# Moving shot



## rusherx5 (Jul 3, 2011)

Would shoot at deer with your bow if the deer was in mild trot not running at 20 - 30 yards? How much lead would you give?


----------



## roo (Mar 30, 2011)

Oh boy 

_OutdoorHub Mobile, the information engine of the outdoors_


----------



## cmueller302 (Jan 30, 2007)

No

Outdoor Hub mobile, the outdoor information engine


----------



## 2PawsRiver (Aug 4, 2002)

rusherx5 said:


> Would shoot at deer with your bow if the deer was in mild trot not running at 20 - 30 yards? How much lead would you give?


Me, no, but I am sure there are some that would.


----------



## Thunderhead (Feb 2, 2002)

No. Would you ?


----------



## turkey track (Sep 18, 2008)

Lead at least 20 feet ahead of it. That way, you will ensure a clean miss, and not risk wounding it.


----------



## 2PawsRiver (Aug 4, 2002)

turkey track said:


> Lead at least 20 feet ahead of it. That way, you will ensure a clean miss, and not risk wounding it.


No, you lead with a firearm, with a bow you always trail by 10 feet, even greater chance of a clean miss, rather then a wound.


----------



## Joe Archer (Mar 29, 2000)

roo said:


> oh boy
> 
> _outdoorhub mobile, the information engine of the outdoors_


lmao! 
<----<<<


----------



## dt7 (Dec 3, 2008)

Nope...wouldn't even attempt...


----------



## 88luneke (Jan 13, 2009)

Nope, try to get it to stop yes, but if it's moving my arrow won't be


----------



## Hoyt_em (Aug 2, 2008)

um, let me kick that around for a second...ABSOLUTELY NOT...


----------



## cr85rider953 (Oct 11, 2010)

I would hope nobody would ever take that shot. That is poor hunting ethics for sure.


----------



## freshmeat (Aug 2, 2010)

If you're LUCKY...it MIGHT turn out like this...

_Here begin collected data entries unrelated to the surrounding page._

-- ===== src/Examples/Commits.antt =====
-- Runs of the commit pipeline, and the claims that they make.
use wiseorder.Prelude.{ℕ, String, ◌≡◌, refl, true, false, arith, Option, none, some, List, [], ◌∷◌}
use wiseorder.Prelude.Text
use wiseorder.Prelude.Decimal.{str}
use wiseorder.Exec.{ok}
use wiseorder.Exec.Ends.{Run}
use wiseorder.Values.{lookup, field, text, end}
use wiseorder.Redis.{View, written, aged}
use wiseorder.Redis.Sample.{sample_redis, empty_view}
use wiseorder.Dedup
use wiseorder.Dedup.{ClaimResult}
use wiseorder.Dedup.Claims
use wiseorder.Db.{find, Workflow, Status, running, completed, failed}
use wiseorder.Runtime.{World, on_redis}
use wiseorder.Llm.{EngineeringSummary}
use wiseorder.Pipeline.{run_commit_pipeline, run_claimed, run_pipeline_steps}
use wiseorder.Pipeline.Records.{finished, skipped, Commit}
use wiseorder.Pipeline.Outcome.{Completed, Stopped, run_pipeline_steps-Run}
use wiseorder.Pipeline.Whole.{Ended, run_claimed-Run}
use wiseorder.Pipeline.Claimed.{run_commit_pipeline-run_commit_pipeline}
use wiseorder.Examples.Sample.{sample_env, sample_claims, start, sample_payload}

abbrev sample_summary : EngineeringSummary
sample_summary = record { summary = "fine"; changed_files = []; changelog = ""; risk_level = "low" }

abbrev sample_commit : Commit
sample_commit = record { repo = "r"; sha = "abc"; subject = "Add"; author = ""; diff = "" }

-- The state after a first run, and a minute later.
abbrev later : World View
later =
    let w = (run_commit_pipeline sample_env sample_payload start).1 in
    record w { redis = aged 60 w.redis }

run_claimed-Run_example :
    Run
      (λ _. Ended Completed start)
      (λ _. Ended Stopped start)
      (run_claimed sample_env sample_commit)
      start
unfolding sample_redis
run_claimed-Run_example =
    run_claimed-Run sample_env (λ n. refl) (λ k x ex s. (written k x ex s, refl)) sample_commit
      start

first_run :
    (run_commit_pipeline sample_env sample_payload start).0
    ≡ ok (finished 1 1 sample_summary "fine")
unfolding run_commit_pipeline sample_redis on_redis Dedup.acquire wiseorder.Steps.start_workflow
    Dedup.attach_workflow_id run_pipeline_steps wiseorder.Steps.create_task wiseorder.Llm.summarize
    wiseorder.Llm.llm_call wiseorder.Steps.complete_task wiseorder.Db.find
    wiseorder.Steps.append_log wiseorder.Llm.draft wiseorder.Db.set_row wiseorder.Gateway.send
    wiseorder.Steps.complete_workflow Text.strip wiseorder.Llm.normalize_risk Text.take Text.lower
    Text.strip_char Dedup.key wiseorder.Gateway.Format.format_discord wiseorder.Gateway.Format.trim
    wiseorder.Llm.llm_loop run_claimed wiseorder.Prelude.Decimal.str Text.concat Text.drop Text.join
    Text.replace wiseorder.Runtime.session_scope wiseorder.Steps.guarded wiseorder.Values.lookup
    wiseorder.Pipeline.with_workflow
first_run = refl

rerun_example :
    Run
      (λ r t. (r ≡ skipped (some 1) "duplicate_sha") × (t.db ≡ later.db))
      (λ e t. t.db ≡ later.db)
      (run_commit_pipeline sample_env sample_payload)
      later
unfolding sample_redis
rerun_example =
    run_commit_pipeline-run_commit_pipeline sample_env sample_payload sample_payload 1 1 60
      sample_summary "fine" start (run_commit_pipeline sample_env sample_payload start).1 later
      (λ i. (first_run i, (run_commit_pipeline sample_env sample_payload start).1)) refl refl
      (omega arith) refl

-- The row of a workflow that has just been started.
abbrev started : World View
started = record start {
  db = record start.db {
    workflows =
        (record {
          id = 1;
          workflow_name = "commit_pipeline";
          task_chain = [];
          status = running;
          logs = [];
          created_at = 0;
          completed_at = none;
        })
        ∷ [];
  };
}

run_pipeline_steps-Run_example :
    Run
      (λ _. Completed 1 started.db.workflows [])
      (λ _. Stopped 1 started.db.workflows [])
      (run_pipeline_steps sample_env 1 sample_commit)
      started
unfolding find
run_pipeline_steps-Run_example =
    run_pipeline_steps-Run sample_env (λ n. refl) 1 started.db.workflows [] sample_commit started
      (record {
        row = record { status = refl; others = λ j ne. refl };
        ran = record { added = []; split = refl; labels = refl };
      })

abbrev claimed_view : View
claimed_view = (Dedup.acquire sample_redis sample_claims "r" "abc" empty_view).1

acquire-acquire_example :
    ◌≡◌ {A = ClaimResult}
      (record { acquired = false; existing_value = some "PENDING" })
      (record { acquired = false; existing_value = some "PENDING" })
unfolding sample_redis Dedup.acquire Dedup.key Text.concat
acquire-acquire_example =
    Claims.acquire-acquire sample_redis sample_claims "r" "abc" 60 empty_view claimed_view
      (Dedup.acquire sample_redis sample_claims "r" "abc" (aged 60 claimed_view)).1
      (record { acquired = true; existing_value = none })
      (record { acquired = false; existing_value = some "PENDING" }) (omega arith) refl refl refl

attach_workflow_id-extends_example : some (str 7) ≡ some (str 7)
unfolding sample_redis Dedup.attach_workflow_id Dedup.acquire Dedup.peek Dedup.key Text.concat
attach_workflow_id-extends_example =
    Claims.attach_workflow_id-extends sample_redis sample_claims "r" "abc" 7 86400 90 "PENDING"
      claimed_view (Dedup.attach_workflow_id sample_redis sample_claims "r" "abc" 7 claimed_view).1
      (aged 90 (Dedup.attach_workflow_id sample_redis sample_claims "r" "abc" 7 claimed_view).1)
      (some (str 7)) refl (omega arith) refl refl
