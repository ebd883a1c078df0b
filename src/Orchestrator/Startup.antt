-- ===== src/Orchestrator/Startup.antt =====
-- core/orchestrator/main.py: the start of the orchestrator and the probe of its services. The
-- migrations and what the event watcher's start raises are parameters.
use wiseorder.Prelude.{
  ℕ, String, Bool, true, false, ◌&&◌, ◌≡◌, refl, sym, ◌∙◌, Option, none, some, Option-cases, inl,
  inr, List, [], ◌∷◌, ◌++◌, zero, suc, if◌then◌else◌, ◌↔◌,
}
use wiseorder.Prelude.Text.{concat}
use wiseorder.Prelude.Decimal.{str}
use wiseorder.Exec.{
  Result, ok, err, Exn, raised, runtime_error, Exec, pure, raise, handle, ◌>>=◌, ◌>>◌,
}
use wiseorder.Exec.Ends.{Ends, returns, raises, Run, >>=-Run, Ends-weaken}
use wiseorder.Queue
use wiseorder.Runtime.{World, Env, tick, on_redis, db_ping}
use wiseorder.Orchestrator.{reap_orphan_workflows}
use wiseorder.Orchestrator.Orphans.{Reaped, reap_orphan_workflows-Run}

pub record StartConfig : Type 0 where
  pub num_workers : ℕ
  pub database_url : String
  pub redis_url : String
  pub orphan_workflow_max_age_seconds : ℕ
  pub connect_fails : ℕ → Option Exn
  -- command.upgrade(cfg, "head")
  pub migrate_fails : ℕ → Option Exn
  pub watcher_fails : ℕ → Option Exn

-- The tasks that `start` has created, by their names.
abbrev worker_names : ℕ → List String
worker_names zero = []
worker_names (suc n) = worker_names n ++ concat ("worker-" ∷ str n ∷ []) ∷ []

abbrev pub background : List String
background = "integrity-watcher" ∷ "ci-watcher" ∷ "daily-summary-scheduler" ∷ "api-server" ∷ []

module _ {R : Type 0} where
  -- A call of the outside that returns nothing or raises.
  abbrev attempt : (ℕ → Option Exn) → Exec (World R) (Unit {0})
  attempt fails w = elim (fails w.calls) [ none ↦ (ok tt, tick w) | some e ↦ (err e, tick w) ]

  abbrev require : Bool → String → Exec (World R) (Unit {0})
  require true message = pure tt
  require false message = raise (raised runtime_error message)

module _ {R : Type 0} (env : Env R) (config : StartConfig) where
  -- Up to the reaper.
  unfoldable pub prepare : Exec (World R) ℕ
  unfolding db_ping
  prepare = do
    reachable ← db_ping config.connect_fails
    require reachable (concat ("cannot connect to database: " ∷ config.database_url ∷ []))
    attempt config.migrate_fails
    answers ← on_redis (Queue.ping env.redis env.json)
    require answers (concat ("cannot connect to redis: " ∷ config.redis_url ∷ []))
    reap_orphan_workflows env config.orphan_workflow_max_age_seconds

  unfoldable pub start : Exec (World R) (List String)
  unfolding prepare
  start = do
    prepare
    attempt config.watcher_fails
    pure (worker_names config.num_workers ++ background)

  -- _probe(num_workers), which returns the exit code
  unfoldable pub probe : Exec (World R) ℕ
  unfolding db_ping
  probe = do
    ok_db ← db_ping config.connect_fails
    ok_redis ← on_redis (Queue.ping env.redis env.json)
    pure (if ok_db && ok_redis then 0 else 2)

module _ {R : Type 0} where
  -- The rows are those of the state w.
  abbrev pub SameRows : World R → World R → Type 0
  SameRows w t = t.db ≡ w.db

  require-Run :
      {P : World R → Type 0} (b : Bool) (message : String) (w : World R)
      → P w
      → Run (λ _ t. (b ≡ true) × P t) (λ _. P) (require b message) w
  require-Run true message w p = returns (refl, p)
  require-Run false message w p = raises p

  attempt-Run :
      (fails : ℕ → Option Exn) (w v : World R)
      → SameRows w v
      → Run (λ _. SameRows w) (λ _. SameRows w) (attempt fails) v
  attempt-Run fails w v p = elim (Option-cases (fails v.calls)) [
    | inl q ↦ rw (q, attempt) (returns p)
    | inr (e, q) ↦ rw (q, attempt) (raises p)
  ]

  db_ping-Run :
      {E : Exn → World R → Type 0} (fails : ℕ → Option Exn) (w : World R)
      → Run (λ b t. SameRows w t × ((b ≡ true) ↔ (fails w.calls ≡ none))) E (db_ping fails) w
  unfolding db_ping
  db_ping-Run fails w = elim (Option-cases (fails w.calls)) [
    | inl p ↦ rw (p, db_ping) (returns (refl, (λ q. refl, λ q. refl)))
    | inr (e, p) ↦ rw (p, db_ping) (returns (refl, (λ q. cc, λ q. none_some e (sym q))))
  ]
    where
      none_some : (e : Exn) → ◌≡◌ {A = Option Exn} none (some e) → false ≡ true
      none_some e q = cc

module _ {R : Type 0} (env : Env R) (config : StartConfig) where
  ping-Run :
      {E : Exn → World R → Type 0} (w v : World R)
      → SameRows w v
      → Run (λ _. SameRows w) E (on_redis (Queue.ping env.redis env.json)) v
  unfolding on_redis Queue.ping
  ping-Run {E = E} w v p = answered (env.redis.ping v.redis).0
    where
      answered :
          (r : Result Bool)
          → Ends
              (λ _. SameRows w)
              E
              (record (tick v) {
                redis = (handle r (λ _. pure false) (env.redis.ping v.redis).1).1;
              })
              (handle r (λ _. pure false) (env.redis.ping v.redis).1).0
      answered (ok b) = returns p
      answered (err e) = returns p

  -- The orphans have been reaped, from the rows of w, and a connection could be opened.
  pub record Prepared (w : World R) (n : ℕ) (t : World R) : Type 0 where
    pub reachable : config.connect_fails w.calls ≡ none
    pub entry : World R
    pub same : SameRows w entry
    pub reaped : Reaped env config.orphan_workflow_max_age_seconds entry n t

  -- The start goes on past the reaper only where a connection to the database could be opened, and then
  -- no orphan is left; where it raises before, no row has changed.
  pub prepare-Run : (w : World R) → Run (Prepared w) (λ e. SameRows w) (prepare env config) w
  unfolding prepare
  prepare-Run w =
      >>=-Run (db_ping config.connect_fails) _ w (db_ping-Run config.connect_fails w)
        λ b t₁ (p₁, reached).
          >>=-Run (require b _) _ t₁ (require-Run {P = SameRows w} b _ t₁ p₁) λ _ t₂ (up, p₂).
            >>=-Run (attempt config.migrate_fails) _ t₂ (attempt-Run config.migrate_fails w t₂ p₂)
              λ _ t₃ p₃.
                >>=-Run (on_redis (Queue.ping env.redis env.json)) _ t₃ (ping-Run w t₃ p₃)
                  λ answers t₄ p₄.
                    >>=-Run (require answers _) _ t₄ (require-Run {P = SameRows w} answers _ t₄ p₄)
                      λ _ t₅ (_, p₅).
                        Ends-weaken
                          (reap_orphan_workflows-Run env config.orphan_workflow_max_age_seconds t₅)
                          (λ n r. record {
                            reachable = reached.0 up;
                            entry = t₅;
                            same = p₅;
                            reaped = r;
                          })
                          (λ e q. q ∙ p₅)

The archer that shot this deer (not me) grunted once and the beast didn't stop...grunted twice and he still didn't stop. He aimed at the jugular and pulled the trigger on his release...JUST as the deer stopped.

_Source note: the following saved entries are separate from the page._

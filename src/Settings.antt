-- ===== src/Settings.antt =====
-- configs/settings.py and core/watchers/ci_watcher.py: the lists that the environment gives as texts.
pub mod Lists
use wiseorder.Prelude.{
  if◌then◌else◌, String, Bool, not, Option, none, some, List, [], ◌∷◌, map, keep,
}
use wiseorder.Prelude.Text.{split, strip, is_empty}

-- [p.strip() for p in v.split(",") if p.strip()]
unfoldable pub parse_list : String → List String
parse_list v = map strip (keep (λ p. not (is_empty (strip p))) (split "," v))

-- What `watch_paths` is set to: nothing, a text or a list.
pub data Setting : Type 0 where
  unset : Setting
  raw : String → Setting
  given : List String → Setting

-- Settings._split_paths(v)
unfoldable pub split_paths : Setting → List String
unfolding parse_list
split_paths unset = []
split_paths (raw v) = parse_list v
split_paths (given paths) = paths

abbrev pub default_repos : List String
default_repos = "Wise-Est-Systems/wiseorder-protocol" ∷ "Wise-Est-Systems/wiseorder" ∷ []

-- CIWatcher.__init__: the repositories, given WISEORDER_CI_REPOS and the argument `repos`
abbrev or_default : Option (List String) → List String
or_default none = default_repos
or_default (some repos) = repos

unfoldable pub ci_repos : String → Option (List String) → List String
unfolding parse_list
ci_repos env_repos repos =
    if is_empty (strip env_repos) then or_default repos else parse_list env_repos
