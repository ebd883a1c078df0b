-- ===== src/Settings/Lists.antt =====
-- The lists of the environment read back what was joined with commas.
use Prim.Native.Char.{Char, code}
use Prim.Native.String.{[], ◌∷◌, ◌++◌}
use text.Mathlib.TextLemmas.{nil-append, cons-append}
use mathlib.Core.List.{List, Memᴰ}
use mathlib.Core.List.Memᴰ.{head, tail}
use wiseorder.Prelude.{
  String, Bool, false, not, ◌||◌, Bool-cases, inl, inr, ◌≡◌, refl, ap, ◌∙◌, ◌==◌, ==_refl, map,
  keep,
}
use wiseorder.Prelude.Text.{split, strip, is_empty, join}
use wiseorder.Settings.{parse_list, split_paths, raw}

-- c occurs in s.
unfoldable pub has_char : Char → String → Bool
has_char ch [] = false
has_char ch (c ∷ s) = code c == code ch || has_char ch s

-- Neither the first character nor a later one.
has_char-cons :
    (ch c : Char) (s : String)
    → has_char ch (c ∷ s) ≡ false
    → ((code c == code ch) ≡ false) × (has_char ch s ≡ false)
unfolding has_char
has_char-cons ch c s h = elim (Bool-cases (code c == code ch)) [
  | inl p ↦ cc (rw (p, has_char) at h)
  | inr p ↦ (p, rw (p, has_char) at h)
]

split-free : (ch : Char) (p : String) → has_char ch p ≡ false → split ch p ≡ List.◌∷◌ p List.[]
unfolding split
split-free ch [] h = refl
split-free ch (c ∷ s) h =
    let (first, rest) = has_char-cons ch c s h in rw (first, split-free ch s rest)

split-append :
    (ch : Char) (p s : String)
    → has_char ch p ≡ false
    → split ch (p ++ (ch ∷ s)) ≡ List.◌∷◌ p (split ch s)
unfolding split
split-append ch [] s h = rw (nil-append (ch ∷ s)) (rw (==_refl (code ch)))
split-append ch (c ∷ p) s h =
    let (first, rest) = has_char-cons ch c p h in
    rw (cons-append c p (ch ∷ s)) (rw (first, split-append ch p s rest))

-- A text that can stand in the list: it has no comma, is not empty, and has no blanks around it.
pub record IsEntry (p : String) : Type 0 where
  pub no_comma : has_char "," p ≡ false
  pub nonempty : is_empty p ≡ false
  pub stripped : strip p ≡ p

-- The loop over the parts gives entries back.
abbrev kept : List String → List String
kept parts = map strip (keep (λ p. not (is_empty (strip p))) parts)

kept-cons :
    (p : String) (ps : List String) → IsEntry p → kept (List.◌∷◌ p ps) ≡ List.◌∷◌ p (kept ps)
kept-cons p ps h = rw (h.stripped, h.nonempty) (rw h.stripped)

kept-split-join :
    (p : String) (ps : List String)
    → ((q : String) → Memᴰ q (List.◌∷◌ p ps) → IsEntry q)
    → kept (split "," (join "," (List.◌∷◌ p ps))) ≡ List.◌∷◌ p ps
unfolding join
kept-split-join p List.[] h =
    rw (split-free "," p (h p (head refl)).no_comma) (kept-cons p List.[] (h p (head refl)))
kept-split-join p (List.◌∷◌ q qs) h =
    let rest = kept-split-join q qs (λ r m. h r (tail m)) in
    let s = join "," (List.◌∷◌ q qs) in
    ap (λ t. kept (split "," (p ++ t))) (cons-append "," [] s ∙ ap (λ t. "," ∷ t) (nil-append s))
    ∙ ap kept (split-append "," p s (h p (head refl)).no_comma)
    ∙ kept-cons p (split "," s) (h p (head refl))
    ∙ ap (λ xs. List.◌∷◌ p xs) rest

kept_nothing : kept (split "," "") ≡ List.[]
unfolding split strip
kept_nothing = refl

-- WISEORDER_WATCH_PATHS reads back paths joined with commas: texts with no comma, which are not empty
-- and have no blanks around them.
pub split_paths-join :
    (paths : List String)
    → ((p : String) → Memᴰ p paths → IsEntry p)
    → split_paths (raw (join "," paths)) ≡ paths
unfolding split_paths parse_list join
split_paths-join List.[] h = kept_nothing
split_paths-join (List.◌∷◌ p ps) h = kept-split-join p ps h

Had the big boy kept on trotting, it would have been a perfect double lunger. The big fella died within about a minute, 30 yards from POI.


----------



## aquanator (Dec 1, 2005)

It's a pretty rare deer that won't stop if you make enough noise at it. I've had to almost yell at them when they're rutting and wound up, but they almost always can be stopped, so moving shots should be limited to people like Ted Nugget who is an expert at them.


----------



## Lwapo (Dec 27, 2005)

Nope.

I would go so far as to say that I would avoid hunting with someone who would. Just my opinion, but I find it unethical.


----------



## Wolverine1856 (Sep 26, 2006)

F no! Once you loose a deer to a "good" shot and feel that sickness in your stomach you would not even ask this question.


----------



## HTC (Oct 6, 2005)

aquanator said:


> moving shots should be limited to people like Ted Nugget who is an expert at them.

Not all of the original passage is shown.